Assignment: Of the entries below, return only those lines from the line with "store_fields mem fields offset vs = ok mem" to the line with "store_tuple mem p (slice vs) elements = do", exactly, both included.
====
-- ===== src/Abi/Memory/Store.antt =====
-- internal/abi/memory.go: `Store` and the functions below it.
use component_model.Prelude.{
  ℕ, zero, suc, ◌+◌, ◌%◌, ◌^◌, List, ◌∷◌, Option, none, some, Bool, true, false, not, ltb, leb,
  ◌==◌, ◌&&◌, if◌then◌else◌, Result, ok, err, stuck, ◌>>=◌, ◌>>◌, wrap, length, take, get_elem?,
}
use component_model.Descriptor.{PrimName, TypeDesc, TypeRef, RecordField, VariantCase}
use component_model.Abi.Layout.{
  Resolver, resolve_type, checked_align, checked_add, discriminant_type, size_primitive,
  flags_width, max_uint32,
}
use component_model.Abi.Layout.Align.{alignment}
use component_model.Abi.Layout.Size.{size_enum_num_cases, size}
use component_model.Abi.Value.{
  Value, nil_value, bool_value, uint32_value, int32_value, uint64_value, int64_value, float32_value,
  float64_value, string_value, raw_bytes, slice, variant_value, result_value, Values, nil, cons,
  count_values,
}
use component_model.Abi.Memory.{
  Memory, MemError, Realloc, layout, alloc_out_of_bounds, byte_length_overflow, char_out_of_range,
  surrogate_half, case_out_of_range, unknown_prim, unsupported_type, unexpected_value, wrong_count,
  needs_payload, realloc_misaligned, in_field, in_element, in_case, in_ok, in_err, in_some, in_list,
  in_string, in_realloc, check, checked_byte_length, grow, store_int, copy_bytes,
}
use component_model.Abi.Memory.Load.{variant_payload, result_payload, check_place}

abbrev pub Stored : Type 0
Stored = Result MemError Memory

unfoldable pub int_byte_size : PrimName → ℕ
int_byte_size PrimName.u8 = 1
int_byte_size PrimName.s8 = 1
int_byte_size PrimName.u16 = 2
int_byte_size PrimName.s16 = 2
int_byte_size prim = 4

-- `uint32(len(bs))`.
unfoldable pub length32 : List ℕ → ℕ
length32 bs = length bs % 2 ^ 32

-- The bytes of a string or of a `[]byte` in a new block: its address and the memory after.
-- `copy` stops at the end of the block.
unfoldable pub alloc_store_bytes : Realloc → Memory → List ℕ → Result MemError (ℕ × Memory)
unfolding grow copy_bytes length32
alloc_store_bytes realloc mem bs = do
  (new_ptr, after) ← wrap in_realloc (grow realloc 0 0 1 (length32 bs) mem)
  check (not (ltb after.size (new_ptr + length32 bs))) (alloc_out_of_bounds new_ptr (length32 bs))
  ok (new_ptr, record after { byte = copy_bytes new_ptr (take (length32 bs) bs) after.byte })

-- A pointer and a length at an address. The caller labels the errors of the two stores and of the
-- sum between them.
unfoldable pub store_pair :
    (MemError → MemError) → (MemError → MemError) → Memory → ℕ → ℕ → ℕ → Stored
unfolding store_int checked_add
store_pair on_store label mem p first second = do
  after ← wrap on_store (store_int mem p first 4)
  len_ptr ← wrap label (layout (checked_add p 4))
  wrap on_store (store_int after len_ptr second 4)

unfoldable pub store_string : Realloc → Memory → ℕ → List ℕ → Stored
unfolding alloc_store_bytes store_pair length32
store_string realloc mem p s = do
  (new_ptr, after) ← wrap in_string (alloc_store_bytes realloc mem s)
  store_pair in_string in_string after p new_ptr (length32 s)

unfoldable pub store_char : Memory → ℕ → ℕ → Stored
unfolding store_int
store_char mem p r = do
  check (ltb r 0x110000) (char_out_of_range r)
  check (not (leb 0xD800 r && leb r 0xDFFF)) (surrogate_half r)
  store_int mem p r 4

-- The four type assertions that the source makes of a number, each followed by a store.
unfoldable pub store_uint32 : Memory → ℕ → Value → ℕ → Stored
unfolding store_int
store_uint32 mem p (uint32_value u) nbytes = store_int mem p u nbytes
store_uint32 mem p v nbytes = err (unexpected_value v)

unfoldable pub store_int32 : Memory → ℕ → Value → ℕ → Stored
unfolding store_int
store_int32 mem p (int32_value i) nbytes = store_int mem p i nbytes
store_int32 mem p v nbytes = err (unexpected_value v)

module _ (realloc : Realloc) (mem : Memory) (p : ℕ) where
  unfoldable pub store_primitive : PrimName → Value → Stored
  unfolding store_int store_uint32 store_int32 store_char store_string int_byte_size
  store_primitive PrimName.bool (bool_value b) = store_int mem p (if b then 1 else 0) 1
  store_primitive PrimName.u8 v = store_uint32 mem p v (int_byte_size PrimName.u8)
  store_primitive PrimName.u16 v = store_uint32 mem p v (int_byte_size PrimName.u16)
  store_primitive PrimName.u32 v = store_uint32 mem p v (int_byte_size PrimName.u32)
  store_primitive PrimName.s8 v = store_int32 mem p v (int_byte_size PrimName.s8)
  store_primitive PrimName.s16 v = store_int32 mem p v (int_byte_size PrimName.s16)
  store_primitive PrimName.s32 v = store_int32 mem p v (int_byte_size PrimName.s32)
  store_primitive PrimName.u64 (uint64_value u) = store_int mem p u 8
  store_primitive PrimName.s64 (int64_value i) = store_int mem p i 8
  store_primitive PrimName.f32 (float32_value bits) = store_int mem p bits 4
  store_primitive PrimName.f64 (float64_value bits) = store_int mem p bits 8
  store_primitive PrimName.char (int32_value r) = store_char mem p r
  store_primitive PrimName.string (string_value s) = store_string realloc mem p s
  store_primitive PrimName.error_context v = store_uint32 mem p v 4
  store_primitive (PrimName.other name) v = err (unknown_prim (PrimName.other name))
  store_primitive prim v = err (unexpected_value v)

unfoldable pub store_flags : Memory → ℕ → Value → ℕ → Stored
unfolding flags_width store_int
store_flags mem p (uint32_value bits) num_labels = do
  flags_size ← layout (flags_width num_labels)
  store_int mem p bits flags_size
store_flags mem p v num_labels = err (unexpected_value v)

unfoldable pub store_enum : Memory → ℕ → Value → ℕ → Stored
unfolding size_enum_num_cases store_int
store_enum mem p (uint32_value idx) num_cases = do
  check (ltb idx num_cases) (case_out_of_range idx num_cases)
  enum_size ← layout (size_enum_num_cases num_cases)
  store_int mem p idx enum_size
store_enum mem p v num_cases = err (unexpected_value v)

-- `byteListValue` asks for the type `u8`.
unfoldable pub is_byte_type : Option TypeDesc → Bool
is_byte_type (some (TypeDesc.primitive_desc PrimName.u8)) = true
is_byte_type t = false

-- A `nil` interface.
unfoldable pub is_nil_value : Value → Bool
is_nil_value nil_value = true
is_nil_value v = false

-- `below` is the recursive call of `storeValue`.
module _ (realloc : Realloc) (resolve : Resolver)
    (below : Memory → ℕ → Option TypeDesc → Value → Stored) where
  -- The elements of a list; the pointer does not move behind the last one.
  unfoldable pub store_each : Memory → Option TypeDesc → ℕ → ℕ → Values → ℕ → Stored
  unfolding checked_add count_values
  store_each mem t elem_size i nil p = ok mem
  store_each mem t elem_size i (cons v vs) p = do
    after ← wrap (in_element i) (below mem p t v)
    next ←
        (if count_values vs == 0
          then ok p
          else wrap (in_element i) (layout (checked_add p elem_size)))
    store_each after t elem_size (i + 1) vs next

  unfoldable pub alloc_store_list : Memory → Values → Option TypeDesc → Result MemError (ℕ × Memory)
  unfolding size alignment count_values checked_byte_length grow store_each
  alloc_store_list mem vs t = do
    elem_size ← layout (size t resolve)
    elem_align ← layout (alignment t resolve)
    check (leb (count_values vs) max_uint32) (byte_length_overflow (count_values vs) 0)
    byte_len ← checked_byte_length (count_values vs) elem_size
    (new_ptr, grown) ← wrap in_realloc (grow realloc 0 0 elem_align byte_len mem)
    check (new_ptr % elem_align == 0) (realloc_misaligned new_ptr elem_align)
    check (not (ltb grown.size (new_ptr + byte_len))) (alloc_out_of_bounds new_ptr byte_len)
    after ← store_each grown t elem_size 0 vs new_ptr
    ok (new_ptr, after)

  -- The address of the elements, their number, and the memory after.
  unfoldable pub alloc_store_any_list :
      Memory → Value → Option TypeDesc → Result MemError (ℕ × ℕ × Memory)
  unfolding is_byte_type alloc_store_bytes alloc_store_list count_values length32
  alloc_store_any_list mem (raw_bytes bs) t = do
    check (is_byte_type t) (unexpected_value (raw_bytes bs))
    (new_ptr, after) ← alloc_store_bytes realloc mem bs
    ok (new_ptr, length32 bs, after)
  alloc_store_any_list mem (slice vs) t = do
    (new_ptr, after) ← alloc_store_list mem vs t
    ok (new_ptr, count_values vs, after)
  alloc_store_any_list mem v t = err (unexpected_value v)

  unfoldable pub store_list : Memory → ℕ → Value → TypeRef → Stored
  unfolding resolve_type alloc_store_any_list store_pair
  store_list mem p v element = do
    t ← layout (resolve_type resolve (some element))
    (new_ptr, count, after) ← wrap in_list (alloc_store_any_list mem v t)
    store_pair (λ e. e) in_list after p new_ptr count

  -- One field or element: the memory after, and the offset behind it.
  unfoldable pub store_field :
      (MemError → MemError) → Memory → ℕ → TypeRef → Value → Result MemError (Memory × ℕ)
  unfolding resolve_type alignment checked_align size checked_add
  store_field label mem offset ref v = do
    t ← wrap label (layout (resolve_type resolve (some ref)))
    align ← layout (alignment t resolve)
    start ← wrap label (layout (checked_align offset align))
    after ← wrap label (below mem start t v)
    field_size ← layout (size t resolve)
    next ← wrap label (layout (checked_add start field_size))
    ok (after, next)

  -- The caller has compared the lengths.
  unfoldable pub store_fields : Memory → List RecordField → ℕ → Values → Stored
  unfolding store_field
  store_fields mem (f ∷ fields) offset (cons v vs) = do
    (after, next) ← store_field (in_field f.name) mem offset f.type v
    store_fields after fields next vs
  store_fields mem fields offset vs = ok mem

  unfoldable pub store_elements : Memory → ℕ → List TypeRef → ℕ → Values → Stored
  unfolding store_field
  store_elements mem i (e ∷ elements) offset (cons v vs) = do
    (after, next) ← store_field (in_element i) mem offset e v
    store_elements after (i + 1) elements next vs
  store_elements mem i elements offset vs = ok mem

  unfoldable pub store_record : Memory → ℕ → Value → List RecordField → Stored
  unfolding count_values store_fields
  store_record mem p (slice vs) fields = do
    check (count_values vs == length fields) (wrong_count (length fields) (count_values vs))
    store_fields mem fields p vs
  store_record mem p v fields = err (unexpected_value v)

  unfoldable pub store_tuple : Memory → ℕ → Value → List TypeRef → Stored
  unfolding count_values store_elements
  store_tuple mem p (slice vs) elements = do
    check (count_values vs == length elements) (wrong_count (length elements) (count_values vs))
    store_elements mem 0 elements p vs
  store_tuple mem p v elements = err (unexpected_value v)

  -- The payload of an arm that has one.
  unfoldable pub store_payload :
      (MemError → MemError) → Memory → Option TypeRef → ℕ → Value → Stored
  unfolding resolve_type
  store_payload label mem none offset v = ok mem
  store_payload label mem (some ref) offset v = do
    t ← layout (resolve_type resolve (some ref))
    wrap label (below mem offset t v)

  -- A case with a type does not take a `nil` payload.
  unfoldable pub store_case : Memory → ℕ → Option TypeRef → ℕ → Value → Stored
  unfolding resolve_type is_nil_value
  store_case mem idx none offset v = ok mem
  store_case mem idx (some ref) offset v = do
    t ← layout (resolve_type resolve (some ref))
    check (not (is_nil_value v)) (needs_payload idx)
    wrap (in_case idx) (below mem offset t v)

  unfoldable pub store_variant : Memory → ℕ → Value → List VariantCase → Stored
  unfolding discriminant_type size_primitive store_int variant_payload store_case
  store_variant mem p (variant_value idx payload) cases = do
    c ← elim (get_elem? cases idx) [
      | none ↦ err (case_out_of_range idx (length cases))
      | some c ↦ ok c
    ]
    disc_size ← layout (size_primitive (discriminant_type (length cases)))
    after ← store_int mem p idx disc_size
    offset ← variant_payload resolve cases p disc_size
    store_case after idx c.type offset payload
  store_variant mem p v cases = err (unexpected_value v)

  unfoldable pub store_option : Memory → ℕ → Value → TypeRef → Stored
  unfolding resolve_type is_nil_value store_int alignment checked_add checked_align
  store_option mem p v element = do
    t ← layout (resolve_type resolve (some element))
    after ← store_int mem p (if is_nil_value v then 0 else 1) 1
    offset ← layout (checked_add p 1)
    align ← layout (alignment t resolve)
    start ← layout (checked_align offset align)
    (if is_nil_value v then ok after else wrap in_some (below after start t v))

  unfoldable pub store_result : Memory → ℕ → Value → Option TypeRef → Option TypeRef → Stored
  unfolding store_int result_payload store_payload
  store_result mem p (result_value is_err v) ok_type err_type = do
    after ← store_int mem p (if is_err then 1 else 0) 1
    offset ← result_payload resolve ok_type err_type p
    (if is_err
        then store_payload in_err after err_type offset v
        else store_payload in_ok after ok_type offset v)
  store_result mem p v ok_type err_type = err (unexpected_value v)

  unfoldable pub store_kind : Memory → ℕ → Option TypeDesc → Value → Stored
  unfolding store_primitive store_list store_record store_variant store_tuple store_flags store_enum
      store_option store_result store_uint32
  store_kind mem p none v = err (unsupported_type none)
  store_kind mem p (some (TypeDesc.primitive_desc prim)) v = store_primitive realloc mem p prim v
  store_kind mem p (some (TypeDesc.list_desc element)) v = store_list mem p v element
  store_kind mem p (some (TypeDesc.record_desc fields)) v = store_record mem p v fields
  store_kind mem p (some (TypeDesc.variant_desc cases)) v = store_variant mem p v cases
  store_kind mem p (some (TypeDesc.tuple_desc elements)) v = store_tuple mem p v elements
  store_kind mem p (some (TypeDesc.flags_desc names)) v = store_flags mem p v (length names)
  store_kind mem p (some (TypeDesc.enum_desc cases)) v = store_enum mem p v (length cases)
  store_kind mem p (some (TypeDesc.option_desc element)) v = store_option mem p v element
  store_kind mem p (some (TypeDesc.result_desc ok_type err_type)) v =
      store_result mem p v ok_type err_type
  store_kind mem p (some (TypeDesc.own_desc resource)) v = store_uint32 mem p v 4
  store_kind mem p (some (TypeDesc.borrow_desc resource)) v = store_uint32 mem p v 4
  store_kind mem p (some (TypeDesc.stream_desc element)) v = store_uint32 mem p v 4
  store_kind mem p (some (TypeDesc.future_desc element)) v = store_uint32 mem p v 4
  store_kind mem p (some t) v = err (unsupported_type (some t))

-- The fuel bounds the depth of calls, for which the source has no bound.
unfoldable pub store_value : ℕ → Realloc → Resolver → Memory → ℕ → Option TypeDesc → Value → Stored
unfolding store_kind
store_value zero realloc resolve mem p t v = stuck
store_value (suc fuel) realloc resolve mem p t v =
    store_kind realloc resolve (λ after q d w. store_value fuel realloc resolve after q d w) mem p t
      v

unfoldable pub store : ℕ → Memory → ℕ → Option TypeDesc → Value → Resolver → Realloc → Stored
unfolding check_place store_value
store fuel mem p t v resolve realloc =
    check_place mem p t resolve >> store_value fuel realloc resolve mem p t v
====
Solution to this task:
  store_fields mem fields offset vs = ok mem

  unfoldable pub store_elements : Memory → ℕ → List TypeRef → ℕ → Values → Stored
  unfolding store_field
  store_elements mem i (e ∷ elements) offset (cons v vs) = do
    (after, next) ← store_field (in_element i) mem offset e v
    store_elements after (i + 1) elements next vs
  store_elements mem i elements offset vs = ok mem

  unfoldable pub store_record : Memory → ℕ → Value → List RecordField → Stored
  unfolding count_values store_fields
  store_record mem p (slice vs) fields = do
    check (count_values vs == length fields) (wrong_count (length fields) (count_values vs))
    store_fields mem fields p vs
  store_record mem p v fields = err (unexpected_value v)

  unfoldable pub store_tuple : Memory → ℕ → Value → List TypeRef → Stored
  unfolding count_values store_elements
  store_tuple mem p (slice vs) elements = do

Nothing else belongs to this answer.